### EXERCISE DATA
++++++

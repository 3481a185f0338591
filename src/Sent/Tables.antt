-- ===== src/Sent/Tables.antt =====
-- Counting the messages of a request over the writes of outbox/outbox.service.ts and of
-- time-off/time-off.service.ts.
use hcm.Prelude.{
  ◌≡◌, refl, ◌≤◌, ◌+◌, Bool, false, List, [], ◌∷◌, ◌++◌, ◌==◌, eq_iff, any, All, All-mono, arith,
  inl, inr, some, if◌then◌else◌, Bool-cases,
}
use hcm.Common.Enums.{RequestStatus, RequestAction}
use hcm.Common.StateMachine.{next_state}
use hcm.Database.{TimeOffRequest, OutboxMessage, same_message, same_request}
use hcm.Database.Orm.{update_rows, save_row}
use hcm.Database.Rows.{All-save_row, OrReplaced}
use hcm.Sent.{count, is_debit_of, is_credit_of, debits_allowed, credits_allowed, IsSentOnce}

module _ {A : Type 0} where
  -- A write that leaves what is counted.
  count-update_rows :
      (q p : A → Bool) (f : A → A) (xs : List A)
      → ((x : A) → q (f x) ≡ q x)
      → count q (update_rows p f xs) ≡ count q xs
  count-update_rows q p f [] same = refl
  count-update_rows q p f (x ∷ xs) same = ground (arith, same x, count-update_rows q p f xs same)

  count-append :
      (q : A → Bool) (x : A) (xs : List A)
      → count q (xs ++ x ∷ []) ≡ count q xs + (if q x then 1 else 0)
  count-append q x [] = ground arith
  count-append q x (y ∷ xs) = ground (arith, count-append q x xs)

  pub count-none :
      (q p : A → Bool) (xs : List A)
      → ((x : A) → p x ≡ false → q x ≡ false)
      → any p xs ≡ false
      → count q xs ≡ 0
  count-none q p [] part h = refl
  count-none q p (x ∷ xs) part h = ground (arith, part x, count-none q p xs part)

-- A write that changes neither the request nor the type of a message.
pub All-updated :
    (p : OutboxMessage → Bool) (f : OutboxMessage → OutboxMessage) (outbox : List OutboxMessage)
    → ((m : OutboxMessage) → (f m).request_id ≡ m.request_id)
    → ((m : OutboxMessage) → (f m).type ≡ m.type)
    → (rows : List TimeOffRequest) → All (IsSentOnce outbox) rows
    → All (IsSentOnce (update_rows p f outbox)) rows
All-updated p f outbox owner type rows h =
    All-mono rows
      (λ (x : TimeOffRequest) once. (
        rw (count-update_rows (is_debit_of x.id) p f outbox (λ m. rw (owner m, type m) refl))
            once.0,
        rw (count-update_rows (is_credit_of x.id) p f outbox (λ m. rw (owner m, type m) refl))
            once.1,
      ))
      h

-- A request that is saved with at least the allowance that it had.
pub IsSentOnce-saved :
    (outbox : List OutboxMessage) (r : TimeOffRequest) (rows : List TimeOffRequest)
    → IsSentOnce outbox r
    → All (IsSentOnce outbox) rows
    → All (IsSentOnce outbox) (save_row same_request r rows)
IsSentOnce-saved outbox r rows mine h =
    All-save_row (IsSentOnce outbox) same_request r mine rows
      (All-mono rows (λ (x : TimeOffRequest) c. inr c) h)

-- What a message more makes of the counts of its request.
pub count-enqueued :
    (q : OutboxMessage → Bool) (m : OutboxMessage) (outbox : List OutboxMessage)
    → any (same_message m) outbox ≡ false
    → count q (save_row same_message m outbox) ≡ count q outbox + (if q m then 1 else 0)
count-enqueued q m outbox new = rw new (count-append q m outbox)

-- A new message of a request that is saved with it.
pub IsSentOnce-enqueued :
    (outbox : List OutboxMessage) (m : OutboxMessage) (r : TimeOffRequest)
    (rows : List TimeOffRequest)
    → any (same_message m) outbox ≡ false
    → m.request_id ≡ r.id
    → IsSentOnce (save_row same_message m outbox) r
    → All (IsSentOnce outbox) rows
    → All (IsSentOnce (save_row same_message m outbox)) (save_row same_request r rows)
IsSentOnce-enqueued outbox m r rows new owner mine h =
    All-save_row (IsSentOnce (save_row same_message m outbox)) same_request r mine rows
      (All-mono rows others h)
  where
    others :
        (x : TimeOffRequest)
        → IsSentOnce outbox x
        → OrReplaced (IsSentOnce (save_row same_message m outbox)) same_request r mine x
    others x once = elim (Bool-cases (same_request r x)) [
      | inl hit ↦ inl hit
      | inr missed ↦
          let apart : m.request_id == x.id ≡ false =
            rw owner (ground (arith, missed, eq_iff r.id x.id, eq_iff x.id r.id)) in
          inr (
            rw (count-enqueued (is_debit_of x.id) m outbox new, apart) (omega (arith, once.0)),
            rw (count-enqueued (is_credit_of x.id) m outbox new, apart) (omega (arith, once.1)),
          )
    ]

-- No action takes an allowance away.
pub next_state-allowed :
    (from to : RequestStatus) (action : RequestAction)
    → next_state from action ≡ some to
    → (debits_allowed from ≤ debits_allowed to) × (credits_allowed from ≤ credits_allowed to)
unfolding next_state
next_state-allowed from to action h = ground arith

++++++

### THE TASK
Every line of the listing is to be returned exactly as written.

### EXERCISE RESPONSE
repository 3481a185f0338591
filename src/Sent/Tables.antt
-- ===== src/Sent/Tables.antt =====
-- Counting the messages of a request over the writes of outbox/outbox.service.ts and of
-- time-off/time-off.service.ts.
use hcm.Prelude.{
  ◌≡◌, refl, ◌≤◌, ◌+◌, Bool, false, List, [], ◌∷◌, ◌++◌, ◌==◌, eq_iff, any, All, All-mono, arith,
  inl, inr, some, if◌then◌else◌, Bool-cases,
}
use hcm.Common.Enums.{RequestStatus, RequestAction}
use hcm.Common.StateMachine.{next_state}
use hcm.Database.{TimeOffRequest, OutboxMessage, same_message, same_request}
use hcm.Database.Orm.{update_rows, save_row}
use hcm.Database.Rows.{All-save_row, OrReplaced}
use hcm.Sent.{count, is_debit_of, is_credit_of, debits_allowed, credits_allowed, IsSentOnce}

module _ {A : Type 0} where
  -- A write that leaves what is counted.
  count-update_rows :
      (q p : A → Bool) (f : A → A) (xs : List A)
      → ((x : A) → q (f x) ≡ q x)
      → count q (update_rows p f xs) ≡ count q xs
  count-update_rows q p f [] same = refl
  count-update_rows q p f (x ∷ xs) same = ground (arith, same x, count-update_rows q p f xs same)

  count-append :
      (q : A → Bool) (x : A) (xs : List A)
      → count q (xs ++ x ∷ []) ≡ count q xs + (if q x then 1 else 0)
  count-append q x [] = ground arith
  count-append q x (y ∷ xs) = ground (arith, count-append q x xs)

  pub count-none :
      (q p : A → Bool) (xs : List A)
      → ((x : A) → p x ≡ false → q x ≡ false)
      → any p xs ≡ false
      → count q xs ≡ 0
  count-none q p [] part h = refl
  count-none q p (x ∷ xs) part h = ground (arith, part x, count-none q p xs part)

-- A write that changes neither the request nor the type of a message.
pub All-updated :
    (p : OutboxMessage → Bool) (f : OutboxMessage → OutboxMessage) (outbox : List OutboxMessage)
    → ((m : OutboxMessage) → (f m).request_id ≡ m.request_id)
    → ((m : OutboxMessage) → (f m).type ≡ m.type)
    → (rows : List TimeOffRequest) → All (IsSentOnce outbox) rows
    → All (IsSentOnce (update_rows p f outbox)) rows
All-updated p f outbox owner type rows h =
    All-mono rows
      (λ (x : TimeOffRequest) once. (
        rw (count-update_rows (is_debit_of x.id) p f outbox (λ m. rw (owner m, type m) refl))
            once.0,
        rw (count-update_rows (is_credit_of x.id) p f outbox (λ m. rw (owner m, type m) refl))
            once.1,
      ))
      h

-- A request that is saved with at least the allowance that it had.
pub IsSentOnce-saved :
    (outbox : List OutboxMessage) (r : TimeOffRequest) (rows : List TimeOffRequest)
    → IsSentOnce outbox r
    → All (IsSentOnce outbox) rows
    → All (IsSentOnce outbox) (save_row same_request r rows)
IsSentOnce-saved outbox r rows mine h =
    All-save_row (IsSentOnce outbox) same_request r mine rows
      (All-mono rows (λ (x : TimeOffRequest) c. inr c) h)

-- What a message more makes of the counts of its request.
pub count-enqueued :
    (q : OutboxMessage → Bool) (m : OutboxMessage) (outbox : List OutboxMessage)
    → any (same_message m) outbox ≡ false
    → count q (save_row same_message m outbox) ≡ count q outbox + (if q m then 1 else 0)
count-enqueued q m outbox new = rw new (count-append q m outbox)

-- A new message of a request that is saved with it.
pub IsSentOnce-enqueued :
    (outbox : List OutboxMessage) (m : OutboxMessage) (r : TimeOffRequest)
    (rows : List TimeOffRequest)
    → any (same_message m) outbox ≡ false
    → m.request_id ≡ r.id
    → IsSentOnce (save_row same_message m outbox) r
    → All (IsSentOnce outbox) rows
    → All (IsSentOnce (save_row same_message m outbox)) (save_row same_request r rows)
IsSentOnce-enqueued outbox m r rows new owner mine h =
    All-save_row (IsSentOnce (save_row same_message m outbox)) same_request r mine rows
      (All-mono rows others h)
  where
    others :
        (x : TimeOffRequest)
        → IsSentOnce outbox x
        → OrReplaced (IsSentOnce (save_row same_message m outbox)) same_request r mine x
    others x once = elim (Bool-cases (same_request r x)) [
      | inl hit ↦ inl hit
      | inr missed ↦
          let apart : m.request_id == x.id ≡ false =
            rw owner (ground (arith, missed, eq_iff r.id x.id, eq_iff x.id r.id)) in
          inr (
            rw (count-enqueued (is_debit_of x.id) m outbox new, apart) (omega (arith, once.0)),
            rw (count-enqueued (is_credit_of x.id) m outbox new, apart) (omega (arith, once.1)),
          )
    ]

-- No action takes an allowance away.
pub next_state-allowed :
    (from to : RequestStatus) (action : RequestAction)
    → next_state from action ≡ some to
    → (debits_allowed from ≤ debits_allowed to) × (credits_allowed from ≤ credits_allowed to)
unfolding next_state
next_state-allowed from to action h = ground arith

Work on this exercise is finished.